Time.........is there anything that we don't wish about it, and in a variety of ways? There's a saying that explains it well: "Time is too slow for those who wait, too swift for those who fear, too long for those who grieve, too short for those who rejoice, but for those who love, time is eternity." (Henry Van)
When we're young, we count the months and the days until our next birthday. Time seems to drag and go so slow leading up to that big day, and then suddenly it's there. And you can bet that time, once that day has arrived, is going to pass by extremely fast! Other occasions take time to get there, but pass quickly as well. While birthdays no longer take up as much importance in your life, at a certain point, celebrations such as weddings, births and graduations are ones we will anticipate. What expectant mother has not wished the last month of her pregnancy to pass with lightening speed? This is soon replaced, at times, by the longing of having all that leisure time back again.
And just as we can wish for the speedy passage of time when anticipating happy events, or the slowing down of it when that special day finally arrives, time takes on a different dimension when confronted with something like cancer. Yes, you have the almost stopped and dream like quality of time when you are diagnosed with the disease, embarking on a roller coaster of emotions, from anger to disbelief.
Then, as circumstances start to unfold, time takes on a pattern similar for most patients. I was counting the days until my major surgery. I was nervously anticipating that day, but wished time to pass by quickly, so that I could have the cancer taken out of my body. once and for all. I would then be on the road to recovery. Following surgery, I counted the days until they would release me from the hospital, and even more so when I arrived at home for the slow healing towards a stronger body.
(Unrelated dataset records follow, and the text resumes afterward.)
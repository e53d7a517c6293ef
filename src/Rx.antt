-- ===== src/Rx.antt =====
-- Reception: `rsi_read_pkt` and `rsi_prepare_skb` of rsi/rsi_91x_main.c, with the readers of the
-- descriptor in rsi/rsi_mgmt.h. A received buffer is the list of its bytes; what lies past its end
-- is 0 here. Packets follow one another in it.
pub mod Turns
pub mod Layout
pub mod Stands
pub mod Deliver
pub mod Bounds
use si91x_rcp_driver.Prelude.{
  ℕ, zero, suc, ◌+◌, ◌-◌, ◌*◌, ◌/◌, ◌%◌, ◌^◌, Bool, true, false, not, ◌&&◌, ◌||◌, Option, none,
  some, List, ◌∷◌, ltb, ◌==◌, if◌then◌else◌, get_or,
}

-- The queues of rsi/rsi_main.h
abbrev pub rsi_coex_q : ℕ
rsi_coex_q = 0

abbrev pub rsi_zigb_q : ℕ
rsi_zigb_q = 1

abbrev pub rsi_wifi_mgmt_q : ℕ
rsi_wifi_mgmt_q = 4

abbrev pub rsi_wifi_data_q : ℕ
rsi_wifi_data_q = 5

abbrev pub rsi_bt_mgmt_q : ℕ
rsi_bt_mgmt_q = 6

abbrev pub rsi_bt_data_q : ℕ
rsi_bt_data_q = 7

-- RSI_RCV_BUFFER_LEN * 4
abbrev pub max_pkt_len : ℕ
max_pkt_len = 2000 * 4

-- CONFIG_RSI_COEX_MODE, CONFIG_RSI_BT_ALONE and CONFIG_RSI_ZIGB
pub record Build : Type 0 where
  pub coex_mode : Bool
  pub bt_alone : Bool
  pub zigb : Bool

-- A packet for the network stack: where in the buffer its bytes were copied from, and how many.
pub record Skb : Type 0 where
  pub from : ℕ
  pub len : ℕ
  pub rssi : ℕ
  pub channel : ℕ

-- What reception hands on. A position is that of the descriptor in the buffer.
pub data Call : Type 0 where
  coex_recv_pkt : (at : ℕ) → Call
  mgmt_pkt_recv : (at : ℕ) → Call
  hci_recv_pkt : (at : ℕ) → Call
  zb_attach : Call
  zb_recv_pkt : (at : ℕ) → Call
  check_traffic : Call  -- check_traffic_pwr_save
  indicate : (skb : Skb) (amsdu_bit : ℕ) → Call  -- rsi_indicate_pkt_to_os

-- The rest of the driver and the kernel, given the calls so far: whether the `n`-th buffer of a size
-- is there, the channel connected to, whether power save watches the traffic of a station, and
-- whether the Zigbee module has its two functions.
pub record Env : Type 0 where
  pub alloc : ℕ → (size : ℕ) → Bool
  pub channel : List Call → ℕ
  pub watches : List Call → Bool
  pub has_attach : Bool
  pub has_recv : Bool

-- The variables of the loop, `left` being `rcv_pkt_len`, and what it changes. `calls` has the last
-- call first, and `zb_ready` is `zb_fsm_state == ZB_DEVICE_READY`.
pub record Rx : Type 0 where
  pub index : ℕ
  pub left : ℕ
  pub extended_desc : ℕ
  pub amsdu_bit : ℕ
  pub zb_ready : Bool
  pub allocs : ℕ
  pub calls : List Call

-- How one round ends: `return 0`, `return -EINVAL`, or at the end of the body.
pub data Turn : Type 0 where
  stop : Rx → Turn
  fail : Rx → Turn
  more : Rx → Turn

abbrev pub byte : List ℕ → ℕ → ℕ
byte bytes i = get_or bytes i 0

abbrev pub u16 : List ℕ → ℕ → ℕ
u16 bytes i = byte bytes i + 2 ^ 8 * byte bytes (i + 1)

-- `at` is `addr + offset`.
unfoldable pub get_queueno : List ℕ → ℕ → ℕ
get_queueno bytes at = u16 bytes at / 2 ^ 12 % 2 ^ 3

unfoldable pub get_length : List ℕ → ℕ → ℕ
get_length bytes at = u16 bytes at % 2 ^ 12

unfoldable pub get_extended_desc : List ℕ → ℕ → ℕ
get_extended_desc bytes at = u16 bytes (at + 4) % 2 ^ 8

-- What the word at 28 says of an A-MSDU: `value & BIT(25)`, and then BIT(22) and BIT(23).
unfoldable pub amsdu_of : List ℕ → ℕ → ℕ → ℕ
amsdu_of bytes at old =
    if byte bytes (at + 31) / 2 % 2 == 0
    then old
    else (if byte bytes (at + 30) / 2 ^ 6 % 2 == 1
        then 1
        else (if byte bytes (at + 30) / 2 ^ 7 % 2 == 1 then 3 else 2))

module _ (build : Build) (env : Env) (bytes : List ℕ) where
  -- `pkt_len` is a `u32`, and `payload_offset` a `u8`.
  unfoldable pub prepare_skb : ℕ → ℕ → Rx → Option Skb × Rx
  prepare_skb at pkt_len s =
      let clipped = if ltb max_pkt_len pkt_len then max_pkt_len else pkt_len in
      let len = (clipped + 2 ^ 32 - s.extended_desc) % 2 ^ 32 in
      let skb : Skb = record {
        from = at + (s.extended_desc + 16) % 2 ^ 8;
        len = len;
        rssi = byte bytes (at + 16);
        channel = env.channel s.calls;
      } in
      if pkt_len == 0
      then (none, s)
      else (if env.alloc s.allocs ((len + 16) % 2 ^ 32)
          then (some skb, record s { allocs = s.allocs + 1 })
          else (none, record s { allocs = s.allocs + 1 }))

  -- `index += actual_length; rcv_pkt_len -= actual_length;`, where `index` is a `u32`.
  unfoldable pub advance : ℕ → Rx → Rx
  advance actual_length s = record s {
    index = (s.index + actual_length) % 2 ^ 32;
    left = s.left - actual_length;
  }

  -- The case RSI_WIFI_DATA_Q, after the packet is prepared.
  unfoldable pub indicate_pkt : ℕ → Skb → Rx → Rx
  indicate_pkt at skb s =
      let amsdu = amsdu_of bytes at s.amsdu_bit in
      let before = if env.watches s.calls then check_traffic ∷ s.calls else s.calls in
      record s { amsdu_bit = amsdu; calls = indicate skb amsdu ∷ before }

  unfoldable pub recv_data : ℕ → ℕ → ℕ → Rx → Turn
  recv_data at pkt_len actual_length s =
      let (prepared, s₁) = prepare_skb at pkt_len s in
      elim prepared [
        | none ↦ fail s₁
        | some skb ↦ more (advance actual_length (indicate_pkt at skb s₁))
      ]

  -- The case RSI_ZIGB_Q: ZB_CARD_READY_IND is 0xff.
  unfoldable pub recv_zigb : ℕ → Rx → Rx
  recv_zigb at s =
      if (byte bytes (at + 15) == 0xff) && not s.zb_ready
      then record s {
        zb_ready = true;
        calls = if env.has_attach then zb_attach ∷ s.calls else s.calls;
      }
      else (if s.zb_ready && env.has_recv then record s { calls = zb_recv_pkt at ∷ s.calls } else s)

  unfoldable pub call : Call → Rx → Rx
  call c s = record s { calls = c ∷ s.calls }

  -- The `switch`, down to the test of the loop.
  unfoldable pub dispatch : (queueno pkt_len at actual_length : ℕ) → Rx → Turn
  dispatch queueno pkt_len at actual_length s =
      if queueno == rsi_coex_q
      then more (
          advance actual_length
            (call (if build.coex_mode then coex_recv_pkt at else mgmt_pkt_recv at) s))
      else (if queueno == rsi_wifi_data_q
          then recv_data at pkt_len actual_length s
          else (if queueno == rsi_wifi_mgmt_q
              then more (advance actual_length (call (mgmt_pkt_recv at) s))
              else (if (build.bt_alone || build.coex_mode)
                    && ((queueno == rsi_bt_mgmt_q) || (queueno == rsi_bt_data_q))
                  then more (advance actual_length (call (hci_recv_pkt at) s))
                  else (if (build.coex_mode && build.zigb) && (queueno == rsi_zigb_q)
                      then more (advance actual_length (recv_zigb at s))
                      else fail s))))

  -- `if (queueno == RSI_WIFI_DATA_Q || queueno == RSI_WIFI_MGMT_Q)`
  unfoldable pub set_extended_desc : ℕ → ℕ → Rx → Rx
  set_extended_desc queueno at s =
      if (queueno == rsi_wifi_data_q) || (queueno == rsi_wifi_mgmt_q)
      then record s { extended_desc = get_extended_desc bytes at }
      else s

  -- One round of the loop.
  unfoldable pub read_one : Rx → Turn
  read_one s =
      let actual_length = u16 bytes s.index in
      let offset = u16 bytes (s.index + 2) in
      let at = s.index + offset in
      let queueno = get_queueno bytes at in
      if not (queueno == rsi_zigb_q) && (ltb actual_length (4 + 16) || ltb offset 4)
      then stop s
      else dispatch queueno (get_length bytes at) at actual_length (set_extended_desc queueno at s)

  -- The loop, with fuel. The flag is a return value of 0.
  unfoldable pub read_loop : ℕ → Rx → Option (Bool × Rx)
  read_loop zero s = none
  read_loop (suc f) s = elim (read_one s) [
    | stop s' ↦ some (true, s')
    | fail s' ↦ some (false, s')
    | more s' ↦ elim (s'.left == 0) [ true ↦ some (true, s') | false ↦ read_loop f s' ]
  ]

  -- `rcv_pkt_len` is not negative.
  unfoldable pub read_pkt : (fuel rcv_pkt_len : ℕ) → Rx → Option (Bool × Rx)
  read_pkt fuel rcv_pkt_len s =
      read_loop fuel (record s { index = 0; left = rcv_pkt_len; extended_desc = 0 })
There were many points at which I wanted time to slow down following my surgery and recovery....that doctor appointment that would determine whether I would have to undergo chemotherapy or not.....or the days leading up to my appointment with my friend, and hairdresser to have all the remaining hair on my head shaved off.
But what about living in the minute? Too much of our effort goes into wishing what was, or what is to be. We don't take the opportunity to live in the moment; whether it be a good one or bad. After all, time will never go faster or slower. It's only our perception of time that changes.
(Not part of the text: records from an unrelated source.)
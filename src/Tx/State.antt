-- ===== src/Tx/State.antt =====
-- The transmit state of `struct rsi_common` and `struct rsi_hw` (rsi/rsi_main.h).
use si91x_rcp_driver.Prelude.{ℕ, Bool, List, ◌+◌, length}

-- `enum edca_queue`, and the bounds of its arrays
abbrev pub bk_q : ℕ
bk_q = 0

abbrev pub be_q : ℕ
be_q = 1

abbrev pub vi_q : ℕ
vi_q = 2

abbrev pub vo_q : ℕ
vo_q = 3

abbrev pub mgmt_soft_q : ℕ
mgmt_soft_q = 4

abbrev pub mgmt_beacon_q : ℕ
mgmt_beacon_q = 5

abbrev pub num_edca_queues : ℕ
num_edca_queues = 4

abbrev pub num_soft_queues : ℕ
num_soft_queues = 6

abbrev pub invalid_queue : ℕ
invalid_queue = 0xff

-- `struct wmm_qinfo`. The weights are `s32`, never negative: they start as a `wme_params`, which is
-- a sum of unsigned terms, and only fall by a guarded subtraction. `pkt_contended` is 0 or 1.
pub record WmmQinfo : Type 0 where
  pub weight : ℕ
  pub wme_params : ℕ
  pub pkt_contended : Bool

-- What the driver reads of `struct ieee80211_tx_queue_params`.
pub record EdcaParams : Type 0 where
  pub txop : ℕ
  pub cw_min : ℕ
  pub aifs : ℕ
  pub acm : Bool

-- `struct sk_buff`: the bytes of the frame, and the queue number that travels with it.
pub record SkBuff : Type 0 where
  pub priority : ℕ
  pub bytes : List ℕ

-- `skb_queue_len(&common->tx_queue[i])` is the length of `tx_queue i`.
pub record Common : Type 0 where
  pub tx_queue : ℕ → List SkBuff
  pub tx_qinfo : ℕ → WmmQinfo
  pub edca_params : ℕ → EdcaParams
  pub min_weight : ℕ  -- u8
  pub pkt_cnt : ℕ  -- u32
  pub selected_qnum : ℕ
  pub hw_data_qs_blocked : Bool
  pub hibernate_resume : Bool
  pub peer_notify : Bool
  pub total_tx_pkt_send : ℕ → ℕ

abbrev pub q_len : Common → ℕ → ℕ
q_len c i = length (c.tx_queue i)

-- Packets in the `n` queues from number `i` on.
abbrev pub queued_from : Common → ℕ → ℕ → ℕ
queued_from c i ℕ.zero = 0
queued_from c i (ℕ.suc n) = q_len c i + queued_from c (i + 1) n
My fight against breast cancer was done mostly with positive thinking. I always knew I would beat it; there was never a doubt in my mind. But the one thing I would do over, if faced with it again would be to live in the moment. It's very often not a nice moment, but in those dark times and sad moments are opportunities. There's the opportunity to really search inside your mind, and figure out why this has happened. This usually leads to quite positive and significant changes in your life. There's also the opportunity to enjoy your loved ones and friends. I went to each of my eight chemotherapy sessions with a family member or a friend. It allowed me to get caught up with their life, and enabled us to deepen our bond, cherish what we have, and laugh.
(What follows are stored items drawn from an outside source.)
-- ===== src/Tx/Queue.antt =====
-- `rsi_core_queue_pkt` and `rsi_core_dequeue_pkt` of rsi/rsi_91x_core.c. A `struct sk_buff_head` is
-- the list of its packets, first one first: `skb_queue_tail` appends, `skb_dequeue` takes the head.
use si91x_rcp_driver.Prelude.{
  ℕ, Option, none, some, List, [], ◌∷◌, ◌++◌, leb, if◌then◌else◌, update,
}
use si91x_rcp_driver.Tx.State.{num_soft_queues, SkBuff, Common}

-- The second part is the packet that was freed, if the queue number was out of range.
unfoldable pub queue_pkt : Common → SkBuff → Common × Option SkBuff
queue_pkt c skb = if leb num_soft_queues skb.priority then (c, some skb) else (
  record c { tx_queue = update c.tx_queue skb.priority (c.tx_queue skb.priority ++ skb ∷ []) },
  none,
)

unfoldable pub skb_dequeue : List SkBuff → Option (SkBuff × List SkBuff)
skb_dequeue [] = none
skb_dequeue (skb ∷ rest) = some (skb, rest)

-- `none` is the null pointer.
unfoldable pub dequeue_pkt : Common → ℕ → Option (SkBuff × Common)
dequeue_pkt c q = if leb num_soft_queues q then none else elim (skb_dequeue (c.tx_queue q)) [
  | none ↦ none
  | some (skb, rest) ↦ some (skb, record c { tx_queue = update c.tx_queue q rest })
]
And then there's the most important opportunity of all. The realization that you appreciate every moment you have. In fact time is no longer that important. Because in between all that time you once wished away can be found so many small joys. There are little packages of happiness tucked away in all those little places that you won't notice if you're too intent on making your hurried way. And the realization of this fact is the gift that I, along with many other cancer survivors give to you today. Slow down and appreciate every moment, as hard as that may seem, for you never know when it will be your last.